This is a regular column featuring original fiction by and for high school students, provided by Figment.com, an online community writing site for young people.
The shadow of the beast hovered over my head, dark eyes behind light glinted glasses. I could hear the smack of her gum in the pocket of her mouth. As her mouth opened I cringed in fear of the coming onslaught. "How's the Dingleman report coming?" She queried, her eyebrows connecting in V shaped fury. "You should have finished by now."
I turned slowly, my eyes changing from hatred to indifference. "I had some trouble getting feedback from the computer supplier. It will be done by tomorrow morning."
She smacked her gum again, then frowned and walked away. Conflict averted. I turned back to the computer, my eyes drooping with lack of sleep. I brought up our company's communication program, then clicked the tech support button. The computer donged, a small chat box opening up. My friend quickly keyed in a welcome with his feather soft fingers. He worked in tech support, and was the other most technologically knowledgeable person on the floor. He had made the program always send my chat to him, as we didnt need it for tech support, but for human conversation that wasn't business related. It was a ease on the stress, rather than a distraction, and we both cherished it.

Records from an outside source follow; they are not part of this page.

-- ===== src/Router/Prefix.antt =====
-- The loop of `findPrefixHandler` (src/router.cpp) over keys that begin the request's key.
use mathlib.Core.List.{Memᴰ, not-mem-nil, eq-or-mem_of_mem-cons}
use mathlib.Core.Logic.Or
use native.Mathlib.Bridge.{le_prop}
use priority_http_server.Prelude.{
  ◌≤◌, ◌≡◌, refl, ap, ◌∙◌, true, ◌&&◌, [], ◌∷◌, Option, none, some, arith, ltb, Mem, inl, inr, ◌⊎◌,
  Bool-cases, length,
}
use priority_http_server.Prelude.Text.{Text, starts_with}
use priority_http_server.Http.{Http}
use priority_http_server.Router.{
  RouterTable, Best, prefix_round, prefix_loop, make_key, find_prefix_handler,
}

pub starts_with_unique :
    (k j full : Text)
    → starts_with k full ≡ true
    → starts_with j full ≡ true
    → length k ≡ length j
    → k ≡ j
unfolding starts_with
starts_with_unique [] [] full h g e = refl
starts_with_unique [] (y ∷ j) full h g e = absurd (omega arith)
starts_with_unique (x ∷ k) [] full h g e = absurd (omega arith)
starts_with_unique (x ∷ k) (y ∷ j) [] h g e = absurd (cc)
starts_with_unique (x ∷ k) (y ∷ j) (c ∷ full) h g e = ground (arith, starts_with_unique k j full)

-- The answer of a search for the longest key that begins `full`.
pub data Longest {ℓ} {H : Type ℓ} (full : Text) (table : RouterTable H) : Option H → Type ℓ where
  nothing :
      ((e : Text × H) → Mem e table → starts_with e.0 full ≡ true → length e.0 ≡ 0)
      → Longest full table none
  longest :
      (e : Text × H)
      → Memᴰ e table
      → starts_with e.0 full ≡ true
      → ((d : Text × H) → Mem d table → starts_with d.0 full ≡ true → length d.0 ≤ length e.0)
      → Longest full table (some e.1)

module _ {ℓ} {H : Type ℓ} (full : Text) where
  prefix_round-le :
      (e : Text × H) (b : Best H)
      → (b.best_length ≤ (prefix_round full e b).best_length)
        × (starts_with e.0 full ≡ true → length e.0 ≤ (prefix_round full e b).best_length)
  unfolding prefix_round
  prefix_round-le e b = ground arith

  prefix_loop-le :
      (table : RouterTable H) (b : Best H) → b.best_length ≤ (prefix_loop full table b).best_length
  unfolding prefix_loop
  prefix_loop-le [] b = omega arith
  prefix_loop-le (e ∷ table) b =
      omega (arith, prefix_round-le e b, prefix_loop-le table (prefix_round full e b))

  prefix_loop-covers :
      (table : RouterTable H) (b : Best H) (d : Text × H)
      → Mem d table
      → starts_with d.0 full ≡ true
      → length d.0 ≤ (prefix_loop full table b).best_length
  unfolding prefix_loop
  prefix_loop-covers [] b d m s = absurd (not-mem-nil m)
  prefix_loop-covers (e ∷ table) b d m s =
      Or.elim le_prop (eq-or-mem_of_mem-cons m)
        (λ same.
          let here = (prefix_round-le e b).1 (rw same at s) in
          rw same (omega (arith, here, prefix_loop-le table (prefix_round full e b))))
        (λ later. prefix_loop-covers table (prefix_round full e b) d later s)

  -- The result is the one at the start, or comes from an entry.
  abbrev Origin : RouterTable H → Best H → Best H → Type ℓ
  Origin table b r =
      (r ≡ b)
      ⊎ ((e : Text × H) × Memᴰ e table
          × (starts_with e.0 full ≡ true)
          × (r ≡ record { best = some e.1; best_length = length e.0 }))

  prefix_round-Origin :
      (e : Text × H) (table : RouterTable H) (b : Best H)
      → Origin (e ∷ table) b (prefix_round full e b)
  unfolding prefix_round
  prefix_round-Origin e table b =
      elim (Bool-cases (starts_with e.0 full && ltb b.best_length (length e.0))) [
        | inl t ↦ inr (e, Memᴰ.head refl, ground arith, rw (t, prefix_round))
        | inr t ↦ inl (rw (t, prefix_round))
      ]

  prefix_loop-Origin :
      (table : RouterTable H) (b : Best H) → Origin table b (prefix_loop full table b)
  unfolding prefix_loop
  prefix_loop-Origin [] b = inl refl
  prefix_loop-Origin (e ∷ table) b = elim (prefix_loop-Origin table (prefix_round full e b)) [
    | inr (d, m, s, r) ↦ inr (d, Memᴰ.tail m, s, r)
    | inl r ↦ elim (prefix_round-Origin e table b) [
      | inl q ↦ inl (r ∙ q)
      | inr (d, m, s, q) ↦ inr (d, m, s, r ∙ q)
    ]
  ]

  prefix_loop-Longest :
      (table : RouterTable H) (start : Best H)
      → start ≡ record { best = none; best_length = 0 }
      → Longest full table (prefix_loop full table start).best
  prefix_loop-Longest table start z = elim (prefix_loop-Origin table start) [
    | inl r ↦ rw (ap (λ b. b.best) (r ∙ z)) (
        nothing λ e m s.
          omega (arith, prefix_loop-covers table start e m s, ap (λ b. b.best_length) (r ∙ z)))
    | inr (d, m, s, r) ↦ rw (ap (λ b. b.best) r) (
        longest d m s
          λ e k t. omega (arith, prefix_loop-covers table start e k t, ap (λ b. b.best_length) r))
  ]

-- `findPrefixHandler` answers with the handler of the longest key that begins `METHOD path`, and
-- with none exactly when no key does (an empty key aside, which no route has).
pub find_prefix_handler-Longest {ℓ} :
    {H : Type ℓ} (http : Http) (method : http.Verb) (path : Text) (table : RouterTable H)
    → Longest (make_key http method path) table (find_prefix_handler http method path table)
unfolding find_prefix_handler
find_prefix_handler-Longest http method path table =
    prefix_loop-Longest (make_key http method path) table _ refl
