-- ===== src/Router/Order.antt =====
-- With distinct keys, which a table built by `addRoute` has, the order of the map does not matter,
-- and the exact lookup that `route` tries first is a short cut.
use mathlib.Core.List.{
  Memᴰ, Mem-prop, Permᴰ, Nodup, Nodup-cons, Nodup-nil, mem-cons_self, mem-cons_of_mem,
  mem-map_of_mem, not-mem-nil, eq-or-mem_of_mem-cons,
}
use mathlib.Core.List.Perm
use mathlib.Core.Logic.Or
use priority_http_server.Prelude.{
  ◌≤◌, ◌<◌, ◌≡◌, ◌≢◌, refl, sym, ap, ◌∙◌, true, List, [], ◌∷◌, map, Option, some, arith, Mem, inl,
  inr, Bool-cases, Option-cases, length, length-append, ◌++◌,
}
use priority_http_server.Prelude.Text.{Text, codes, starts_with, text_eq, text_eq_iff}
use priority_http_server.Http.{Http, Request}
use priority_http_server.Router.{
  RouterTable, Best, assign, find, prefix_round, prefix_loop, make_key, add_route, find_handler,
  find_prefix_handler, route_handler,
}
use priority_http_server.Router.Prefix.{
  starts_with_unique, Longest, nothing, longest, find_prefix_handler-Longest,
}

abbrev pub keys {ℓ} : {H : Type ℓ} → RouterTable H → List Text
keys = map (λ e. e.0)

starts_with_refl : (s : Text) → starts_with s s ≡ true
unfolding starts_with
starts_with_refl [] = refl
starts_with_refl (c ∷ s) = ground (arith, starts_with_refl s)

starts_with-length : (k s : Text) → starts_with k s ≡ true → length k ≤ length s
unfolding starts_with
starts_with-length [] s h = omega arith
starts_with-length (x ∷ k) [] h = absurd (cc)
starts_with-length (x ∷ k) (c ∷ s) h = ground (arith, starts_with-length k s)

make_key-pos :
    (http : Http) (method : http.Verb) (path : Text) → 0 < length (make_key http method path)
unfolding make_key
make_key-pos http method path =
    omega (arith, length-append (http.verb_name method) (codes " " ++ path))

-- The handlers are objects of one class, so their type is small.
module _ {H : Type 0} where
  mem-keys-assign :
      (key j : Text) (h : H) (table : RouterTable H)
      → Mem j (keys (assign key h table))
      → (j ≢ key)
      → Mem j (keys table)
  unfolding assign
  mem-keys-assign key j h [] m ne =
      Or.elim Mem-prop (eq-or-mem_of_mem-cons m) (λ e. absurd (ne e)) (λ n. n)
  mem-keys-assign key j h ((k, g) ∷ table) m ne = elim (Bool-cases (text_eq k key)) [
    | inl e ↦ rw (e, assign) at m
    | inr e ↦
        Or.elim Mem-prop (eq-or-mem_of_mem-cons (rw (e, assign) at m)) (λ s. rw s mem-cons_self)
          (λ n. mem-cons_of_mem k (mem-keys-assign key j h table n ne))
  ]

  assign-Nodup :
      (key : Text) (h : H) (table : RouterTable H)
      → Nodup (keys table)
      → Nodup (keys (assign key h table))
  unfolding assign
  assign-Nodup key h [] d = Nodup-cons.1 (not-mem-nil, Nodup-nil)
  assign-Nodup key h ((k, g) ∷ table) d = elim (Bool-cases (text_eq k key)) [
    | inl e ↦ rw (e, assign) d
    | inr e ↦
        let (fresh, rest) = Nodup-cons.0 d in
        rw (e, assign)
          (Nodup-cons.1 (
            (λ m.
                fresh (
                  mem-keys-assign key k h table m (λ s. absurd (cc (e, (text_eq_iff k key).1 s))))),
            assign-Nodup key h table rest,
          ))
  ]

  -- The keys of a table stay distinct when a route is added.
  pub add_route-Nodup :
      (http : Http) (method : http.Verb) (path : Text) (h : H) (table : RouterTable H)
      → Nodup (keys table)
      → Nodup (keys (add_route http method path h table))
  unfolding add_route
  add_route-Nodup http method path h table = assign-Nodup (make_key http method path) h table

  prefix_round_comm :
      (full : Text) (d e : Text × H) (b : Best H)
      → d.0 ≢ e.0
      → prefix_round full d (prefix_round full e b) ≡ prefix_round full e (prefix_round full d b)
  unfolding prefix_round
  prefix_round_comm full d e b ne = ground (arith, starts_with_unique d.0 e.0 full)

  prefix_loop-permᴰ :
      (full : Text) {t u : RouterTable H} (b : Best H)
      → Permᴰ t u
      → Nodup (keys t)
      → prefix_loop full t b ≡ prefix_loop full u b
  unfolding prefix_loop
  prefix_loop-permᴰ full b Permᴰ.nil n = refl
  prefix_loop-permᴰ full b (Permᴰ.cons {b = e} p q) n =
      rw p (prefix_loop-permᴰ full (prefix_round full e b) q (Nodup-cons.0 n).1)
  prefix_loop-permᴰ full b (Permᴰ.swap {a = d} {b = e} {l = l} p q) n =
      rw (← p, ← q)
        (ap (prefix_loop full l)
          (sym (prefix_round_comm full d e b (λ same. (Nodup-cons.0 n).0 (rw same mem-cons_self)))))
  prefix_loop-permᴰ full b (Permᴰ.trans p q) n =
      prefix_loop-permᴰ full b p n
      ∙ prefix_loop-permᴰ full b q (Perm.nodup (Perm.map (λ e. e.0) ∣ p ∣₁) n)

  -- The answer of `findPrefixHandler` does not depend on the order in which the unordered map is
  -- walked: any two arrangements of the same routes, with distinct keys, give the same handler.
  pub find_prefix_handler-perm :
      (http : Http) (method : http.Verb) (path : Text) (t u : RouterTable H)
      → Permᴰ t u
      → Nodup (keys t)
      → find_prefix_handler http method path t ≡ find_prefix_handler http method path u
  unfolding find_prefix_handler
  find_prefix_handler-perm http method path t u p n =
      ap (λ b. b.best) (prefix_loop-permᴰ (make_key http method path) _ p n)

  find-Memᴰ :
      (key : Text) (table : RouterTable H) (h : H) → find key table ≡ some h → Memᴰ (key, h) table
  unfolding find
  find-Memᴰ key [] h e = absurd (cc)
  find-Memᴰ key ((k, g) ∷ table) h e = elim (Bool-cases (text_eq k key)) [
    | inl t ↦
        let key_same = (text_eq_iff k key).0 t in
        let value_same : g ≡ h = ground arith in Memᴰ.head (rw (key_same, value_same))
    | inr t ↦ Memᴰ.tail (find-Memᴰ key table h (rw (t, find) at e))
  ]

  same_handler :
      (table : RouterTable H) (k : Text) (g h : H)
      → Nodup (keys table)
      → Memᴰ (k, g) table
      → Memᴰ (k, h) table
      → g ≡ h
  same_handler [] k g h n p q = elim p [ ]
  same_handler (e ∷ table) k g h n (Memᴰ.head p) (Memᴰ.head q) = ap (λ w. w.1) (p ∙ sym q)
  same_handler (e ∷ table) k g h n (Memᴰ.head p) (Memᴰ.tail q) =
      absurd ((Nodup-cons.0 n).0 (rw (← p) (mem-map_of_mem (λ w. w.0) ∣ q ∣₁)))
  same_handler (e ∷ table) k g h n (Memᴰ.tail p) (Memᴰ.head q) =
      absurd ((Nodup-cons.0 n).0 (rw (← q) (mem-map_of_mem (λ w. w.0) ∣ p ∣₁)))
  same_handler (e ∷ table) k g h n (Memᴰ.tail p) (Memᴰ.tail q) =
      same_handler table k g h (Nodup-cons.0 n).1 p q

  exact-Longest :
      (full : Text) (table : RouterTable H) (h : H) (r : Option H)
      → 0 < length full
      → Nodup (keys table)
      → find full table ≡ some h
      → Longest full table r
      → r ≡ some h
  exact-Longest full table h _ pos n e (nothing f) =
      absurd (omega (arith, f (full, h) ∣ find-Memᴰ full table h e ∣₁ (starts_with_refl full)))
  exact-Longest full table h _ pos n e (longest (k, g) m s best) =
      let here = find-Memᴰ full table h e in
      let upper = best (full, h) ∣ here ∣₁ (starts_with_refl full) in
      let whole : k ≡ full =
        starts_with_unique k full full s (starts_with_refl full)
          (omega (arith, upper, starts_with-length k full s)) in
      ap some (same_handler table full g h n (rw whole at m) here)

  -- On a table with distinct keys, `route` calls the handler of the longest key that begins
  -- `METHOD target`; the exact lookup that it makes first never gives another answer.
  pub route_handler-eq-find_prefix_handler :
      (http : Http) (req : Request http) (table : RouterTable H)
      → Nodup (keys table)
      → route_handler http req table ≡ find_prefix_handler http req.method req.target table
  unfolding route_handler
  route_handler-eq-find_prefix_handler http req table n =
      elim (Option-cases (find_handler http req.method req.target table)) [
        | inl e ↦ rw (e, route_handler)
        | inr (h, e) ↦
            rw (e, route_handler)
              (sym (
                exact-Longest (make_key http req.method req.target) table h _
                  (make_key-pos http req.method req.target) n (unfold find_handler in e)
                  (find_prefix_handler-Longest http req.method req.target table)))
      ]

"The dragon nearly ate my head" I said, through the computer. "She wanted the Dingleman report." I smiled, switching to the window to edit some lines of the service agreement.
"No word from the computer guys then?" He asked.
I responded no, quickly switching windows again as the supervisor stalked by, her head slumped on her ostrich neck. The chat window yielded a response which dragged a smile out of my weary face again, which shifted quickly into boredom as i went back to editing.
"Knowing you, it would be done if it could be done."
The statement did let me view myself in his eyes for a slight second. I must seem hardworking to the other members of the office, except my friend in the chat box. He knew I only did what I felt necessary, occasionally a tad more if it was likely to be reviewed by anyone, just so I would get that next raise. I frowned, and shut down my computer, logging out for my lunch break. I glanced around to see Chad do the same on the opposite side of the room. He was my friend from the chat box. But no, once I left the realm of the digital, he was merely my lunch buddy.
I walked solemnly out the door, nodding politely to the supervisor. Her frown only worsened, and I quickly turned away, moving through the rotating door. The street was crowded and loud, but I knew my path. Across the street and down a block stood a coffee-shop, which had amazing sandwiches. I turned, as Chad left the building, walking towards the intersection. I jogged to catch up with him and we walked briskly across.
"What's up?" I queryed, our normal conversation starter. He smiled.
"The opposite of down." He replied, his eyes sparkling.
I smirked, and restrained a laugh among the quiet solemnity of the street. The world was fine. It was odd. I was odd. We were odd.